Emsal Mahkeme Kararı İstanbul 16. Asliye Ticaret Mahkemesi 2018/117 E. 2018/425 K. 10.05.2018 T.

Görüntülediğiniz mahkeme kararı henüz kesinleşmemiştir. Yararlı olması amacıyla eklenmiştir.

T.C.
İSTANBUL
16. ASLİYE TİCARET MAHKEMESİ
ESAS NO : 2018/117
KARAR NO : 2018/425
DAVA : Ticari Şirket (Genel Kurul Kararının İptali İstemli)
DAVA TARİHİ: 31/01/2018
KARAR TARİHİ: 10/05/2018
Mahkememizde görülmekte olan Ticari Şirket (Genel Kurul Kararının İptali İstemli) davasının yapılan açık yargılaması sonunda,
GEREĞİ DÜŞÜNÜLDÜ:
Davacı vekili dava dilekçesinde özetle; müvekkili şirket … Basım Yayın Reklamcılık Sanayi ve Ticaret Limited Şirketi’nin 14/08/2017 tarihli genel kurulu kararı ile diğer müvekkili …’ın müdür olarak atanmasına rağmen davalıların bir şekilde ele geçirdikleri karar defteri ile karar almaları suretiyle usulsüz ve kanuna aykırı olarak olarak genel kurulu toplantıya davet ettiklerini, limited şirketlerde genel kurul çağrısının ancak şirket müdürü tarafından yapılabileceğini, davalılar tarafından şirket müdürüne bu yönde bir talep olmadığı gibi mahkeme tarafından da verilmiş genel kurulu toplantıya çağırma izninin de bulunmadığını, beyan ederek 11.1.2018 tarihli ortaklar kurulu kararının yok hükmünde olduğunun tespitine karar verilmesini talep ve dava etmiştir.
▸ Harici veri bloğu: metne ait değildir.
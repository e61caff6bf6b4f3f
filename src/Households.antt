-- ===== src/Households.antt =====
-- backend/app/api/households.py: creating, listing, reading, renaming and deleting a household.
pub mod Keys
pub mod References
pub mod Seats
pub mod Governed
pub mod Entries
pub mod Departures
pub mod Requests
pub mod Listing
use chore_app.Base.{
  ◌+◌, any, Dict, insert, lookup, get_or, if◌then◌else◌, ℕ, String, Bool, true, false, ◌&&◌, not,
  Option, none, some, List, [], ◌∷◌, ◌++◌, map, ◌==◌, same_text, filter, count, update_where,
}
use chore_app.Models.{
  Household, Role, admin, HouseholdMembership, Database, is_active_in, delete_households,
}
use chore_app.Session.{
  Action, bad_request, not_found, pure, raise_if, raise_if_none, ◌>>=◌, ◌>>◌, query,
  scalar_one_or_none, write, commit,
}
use chore_app.Engine.{Engine}
use chore_app.Deps.{require_household_member, require_admin}
use chore_app.Assignment.{household_rows}

-- `HouseholdResponse`
pub record HouseholdResponse : Type 0 where
  pub id : ℕ
  pub name : String
  pub created_at : ℕ

abbrev pub household_response : Household → HouseholdResponse
household_response h = record { id = h.id; name = h.name; created_at = h.created_at }

-- `HouseholdWithRoleResponse`
pub record HouseholdWithRoleResponse : Type 0 where
  pub id : ℕ
  pub name : String
  pub created_at : ℕ
  pub role : Role
  pub member_count : ℕ

-- `HouseholdDetailResponse`
pub record HouseholdDetailResponse : Type 0 where
  pub id : ℕ
  pub name : String
  pub created_at : ℕ
  pub member_count : ℕ

-- `select(func.count(HouseholdMembership.id))` of the active members.
abbrev pub count_active_members : ℕ → Database → ℕ
count_active_members household_id db = count (is_active_in household_id) db.memberships

abbrev pub new_household : String → ℕ → ℕ → Household
new_household name household_id now = record {
  id = household_id;
  name = name;
  rotation_pointer = 0;
  created_at = now;
}

abbrev pub founder : ℕ → ℕ → ℕ → ℕ → ℕ → HouseholdMembership
founder household_id user_id membership_id joined_at now = record {
  id = membership_id;
  household_id = household_id;
  user_id = user_id;
  role = admin;
  joined_at = joined_at;
  is_active = true;
  created_at = now;
}

-- POST /households, with the fresh identifiers, what the clock shows, and the time of the
-- transaction.
unfoldable pub create_household : String → ℕ → ℕ → ℕ → ℕ → ℕ → Action HouseholdResponse
create_household name current_user_id household_id membership_id joined_at now = do
  let household = new_household name household_id now
  write (λ db. record db { households = db.households ++ household ∷ [] })
  write (λ db. record db {
    memberships =
        db.memberships ++ founder household_id current_user_id membership_id joined_at now ∷ [];
  })
  commit
  pure (household_response household)

-- The join of `list_households`: an active membership of the user, and its household.
unfoldable pub households_of : ℕ → List HouseholdMembership → Database → List (Household × Role)
households_of user_id [] db = []
households_of user_id (m ∷ ms) db =
    let rest = households_of user_id ms db in
    if m.user_id == user_id && m.is_active
    then map (λ h. (h, m.role)) (household_rows m.household_id db) ++ rest
    else rest

-- The groups of the bulk count of the active members of some households.
unfoldable pub member_counts : List ℕ → List HouseholdMembership → Dict ℕ
member_counts household_ids [] = []
member_counts household_ids (m ∷ ms) =
    let rest = member_counts household_ids ms in
    if any (λ i. i == m.household_id) household_ids && m.is_active
    then insert m.household_id (get_or 0 (lookup m.household_id rest) + 1) rest
    else rest

abbrev pub with_role : Dict ℕ → Household × Role → HouseholdWithRoleResponse
with_role counts row = record {
  id = (row.0).id;
  name = (row.0).name;
  created_at = (row.0).created_at;
  role = row.1;
  member_count = get_or 0 (lookup (row.0).id counts);
}

-- The rest of `list_households`; without rows there is no second query.
unfoldable pub counted_households :
    List (Household × Role) → Action (List HouseholdWithRoleResponse)
counted_households [] = pure []
counted_households (row ∷ rows) = do
  counts ← query (λ db. member_counts (map (λ r. (r.0).id) (row ∷ rows)) db.memberships)
  pure (map (with_role counts) (row ∷ rows))

module _ (engine : Engine) where
  -- GET /households
  unfoldable pub list_households : ℕ → Action (List HouseholdWithRoleResponse)
  list_households current_user_id = do
    rows ←
        query
          (λ db. engine.scan (Household × Role) (households_of current_user_id db.memberships db))
    counted_households rows

-- The household, or 404.
unfoldable pub load_household : ℕ → Action Household
load_household household_id = do
  rows ← query (household_rows household_id)
  household ← scalar_one_or_none rows
  raise_if_none not_found household

-- GET /households/{household_id}
unfoldable pub get_household : ℕ → ℕ → Action HouseholdDetailResponse
get_household household_id current_user_id = do
  require_household_member household_id current_user_id
  household ← load_household household_id
  member_count ← query (count_active_members household_id)
  pure (record {
    id = household.id;
    name = household.name;
    created_at = household.created_at;
    member_count = member_count;
  })

abbrev pub rename : String → Household → Household
rename name h = record h { name = name }

-- PATCH /households/{household_id}
unfoldable pub update_household : ℕ → String → ℕ → Action HouseholdResponse
update_household household_id name current_user_id = do
  require_admin household_id current_user_id
  household ← load_household household_id
  write (λ db. record db {
    households = update_where (λ h. h.id == household.id) (rename name) db.households;
  })
  pure (household_response (rename name household))

-- DELETE /households/{household_id}
unfoldable pub delete_household : ℕ → String → ℕ → Action (Unit {0})
delete_household household_id confirm current_user_id = do
  require_admin household_id current_user_id
  household ← load_household household_id
  raise_if (not (same_text confirm household.name)) bad_request
  write (delete_households (λ h. h == household_id))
Davalılar vekili cevap dilekçesinde özetle; öncelikle davanın münferit ortaklara yönetilmesinin mümkün olmadığını, genel kurul kararlarının butlanı ve iptali davalarına ilişkin anonim şirkete dair hükümlerin yasanın atfı gereğince limited şirketlerde de uygulanmasının gerektiğini ve genel kurul kararlarının yokluğu veya butlanın tespiti yahut iptali talebi ile açılan davalarda davanın anonim veya limited şirket tüzel kişiliğine karşı açılmasının gerektiğini, dolayısıyla müvekkillere husumet yöneltilemeyeceğini, husumet itirazlarının bulunduğunu, bunun yanında şirketin genel kurul kararlarının yokluğu veya butlanın tespiti yahut iptali talebiyle açılan davalarda ancak davalı sıfatına sahip olabileceğinden aktif husumet ehliyetinin de olmadığını, davacı …’ın şeklen şirkette müdür olarak göründüğünden şirketin menfaatlerinin korunması ve bu davada temsil açısından şirkete kayyum atanmasının gerektiğini, iddia edilen çağrı usulsüzlüğünün ancak genel kurul kararlarının alınmasında etkili olması halinde dava sebebi yapılabileceğini, somut olayda ise böyle bir durum söz konusu olmadığını, ayrıca çağrının usulsüzlüğü yeterli olmayıp aynı zamanda alınan kararların kanuna ana sözleşmeye veya dürüstlük kuralına aykırı olmasının da gerektiğini, 11.01.2018 genel kurul toplantısında alınan kararların kanuna ve ana sözleşmeye objektif iyiniyet kurallarına aykırı olmadığını, davacı …’ın şirkete sadakat yükümlülüğüne aykırı hareket ettiği gibi şirketi kötü yönettiğini ve şirketi zarara uğrattığını, ayrıca davacı yanın Türk Ticaret Kanununun 448. maddesi gereğince teminat göstermesinin gerektiğini beyan ederek; davanın öncelikle usulden, olmadığı takdirde esastan reddine karar verilmesini savunmuştur.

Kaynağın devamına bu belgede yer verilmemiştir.